Exercise: Scan the entries below and report only how many lines contain "NodeMetadata".

══════════════════════════════

-- ===== src/Tracker.antt =====
-- internal/tracker/tracker.go: the coordinator's store of nodes, files and shard placements.
-- The three bbolt buckets and the JSON codecs are the section's parameter `Backend`; an `int64`
-- is a ℤ with Go's wrap-around. Each method is one transaction: it fails and changes nothing, or
-- gives the new store.
pub mod Nodes
pub mod Placement
pub mod Files
pub mod Samples
mod Tests
use aldea.Prelude.{
  ℕ, ◌≡◌, Bool, true, false, ◌&&◌, String, Option, none, some, List, [], ◌∷◌, if◌then◌else◌, keep,
  length, take, ltb, Result, ok, err, ◌>>=◌, or_fail,
}
use aldea.Prelude.Int.{ℤ, pos, negsuc, sub64, ltb_ℤ, leb_ℤ}
use aldea.Prelude.Dict.{Dict}
use aldea.Prelude.Sort.{sort_slice}
use aldea.Backend.{Bucket, Codec}

pub record NodeMetadata : Type 0 where
  pub node_id : String
  pub address : String
  pub storage_allocated : ℤ
  pub storage_used : ℤ
  pub last_seen : ℤ
  pub is_healthy : Bool

pub record FileMetadata : Type 0 where
  pub file_id : String
  pub file_name : String
  pub size : ℤ
  pub chunk_count : ℤ
  pub created_at : ℤ

pub record ShardPlacement : Type 0 where
  pub shard_id : String
  pub file_id : String
  pub chunk_index : ℤ
  pub shard_index : ℤ
  pub node_id : String
  pub original_chunk_size : ℤ

-- The store's third-party parts.
pub record Backend (B R : Type 0) : Type 0 where
  pub bucket : Bucket B R
  pub node_codec : Codec NodeMetadata R
  pub file_codec : Codec FileMetadata R
  pub placement_codec : Codec (List ShardPlacement) R

pub record Store (B : Type 0) : Type 0 where
  pub nodes : B
  pub files : B
  pub placements : B

-- `slice_panic` is the run-time panic of a slice bound below zero.
pub data StoreError : Type 0 where
  insufficient_nodes file_not_found marshal_failed unmarshal_failed put_failed slice_panic :
      StoreError

-- `StorageAllocated - StorageUsed`.
unfoldable pub free_space : NodeMetadata → ℤ
free_space n = sub64 n.storage_allocated n.storage_used

unfoldable pub is_eligible : ℤ → NodeMetadata → Bool
is_eligible required n = n.is_healthy && leb_ℤ required (free_space n)

-- The order of `sort.Slice`: more free space first.
unfoldable pub more_free : NodeMetadata → NodeMetadata → Bool
more_free a b = ltb_ℤ (free_space b) (free_space a)

-- What `SelectPlacementNodes` does with the list of all nodes.
unfoldable pub select_from : List NodeMetadata → ℤ → ℤ → Result StoreError (List NodeMetadata)
select_from nodes count required =
    let eligible = keep (is_eligible required) nodes in
    if ltb_ℤ (pos (length eligible)) count then err insufficient_nodes else elim count [
      | pos n ↦ ok (take n (sort_slice more_free eligible))
      | negsuc _ ↦ err slice_panic
    ]

-- The callback of `ForEach`: the first value that does not decode ends the walk.
unfoldable pub decode_all : {A R : Type 0} → Codec A R → Dict R → Result StoreError (List A)
decode_all c [] = ok []
decode_all c ((_, r) ∷ rest) = do
  a ← or_fail (c.unmarshal r) unmarshal_failed
  more ← decode_all c rest
  ok (a ∷ more)

module _ {B R : Type 0} (be : Backend B R) where
  open be use {bucket, node_codec, file_codec, placement_codec}

  unfoldable pub register_node : Store B → NodeMetadata → Result StoreError (Store B)
  register_node s node = do
    raw ← or_fail (node_codec.marshal node) marshal_failed
    b ← or_fail (bucket.put s.nodes node.node_id raw) put_failed
    ok (record s { nodes = b })

  unfoldable pub list_nodes : Store B → Result StoreError (List NodeMetadata)
  list_nodes s = decode_all node_codec (bucket.entries s.nodes)

  unfoldable pub select_placement_nodes : Store B → ℤ → ℤ → Result StoreError (List NodeMetadata)
  select_placement_nodes s count required = do
    nodes ← list_nodes s
    select_from nodes count required

  -- Both writes stand in one transaction.
  unfoldable pub save_file_placement :
      Store B → FileMetadata → List ShardPlacement → Result StoreError (Store B)
  save_file_placement s file placements = do
    file_data ← or_fail (file_codec.marshal file) marshal_failed
    files ← or_fail (bucket.put s.files file.file_id file_data) put_failed
    placement_data ← or_fail (placement_codec.marshal placements) marshal_failed
    placed ← or_fail (bucket.put s.placements file.file_id placement_data) put_failed
    ok (record s { files = files; placements = placed })

  unfoldable pub list_files : Store B → Result StoreError (List FileMetadata)
  list_files s = decode_all file_codec (bucket.entries s.files)

  -- A file with no placement entry has no placements.
  placements_or_nil : Option R → Result StoreError (List ShardPlacement)
  placements_or_nil none = ok []
  placements_or_nil (some raw) = or_fail (placement_codec.unmarshal raw) unmarshal_failed

  unfoldable pub get_file_placement :
      Store B → String → Result StoreError (FileMetadata × List ShardPlacement)
  unfolding placements_or_nil
  get_file_placement s file_id = do
    file_bytes ← or_fail (bucket.get s.files file_id) file_not_found
    file ← or_fail (file_codec.unmarshal file_bytes) unmarshal_failed
    placements ← placements_or_nil (bucket.get s.placements file_id)
    ok (file, placements)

══════════════════════════════

Answer: 9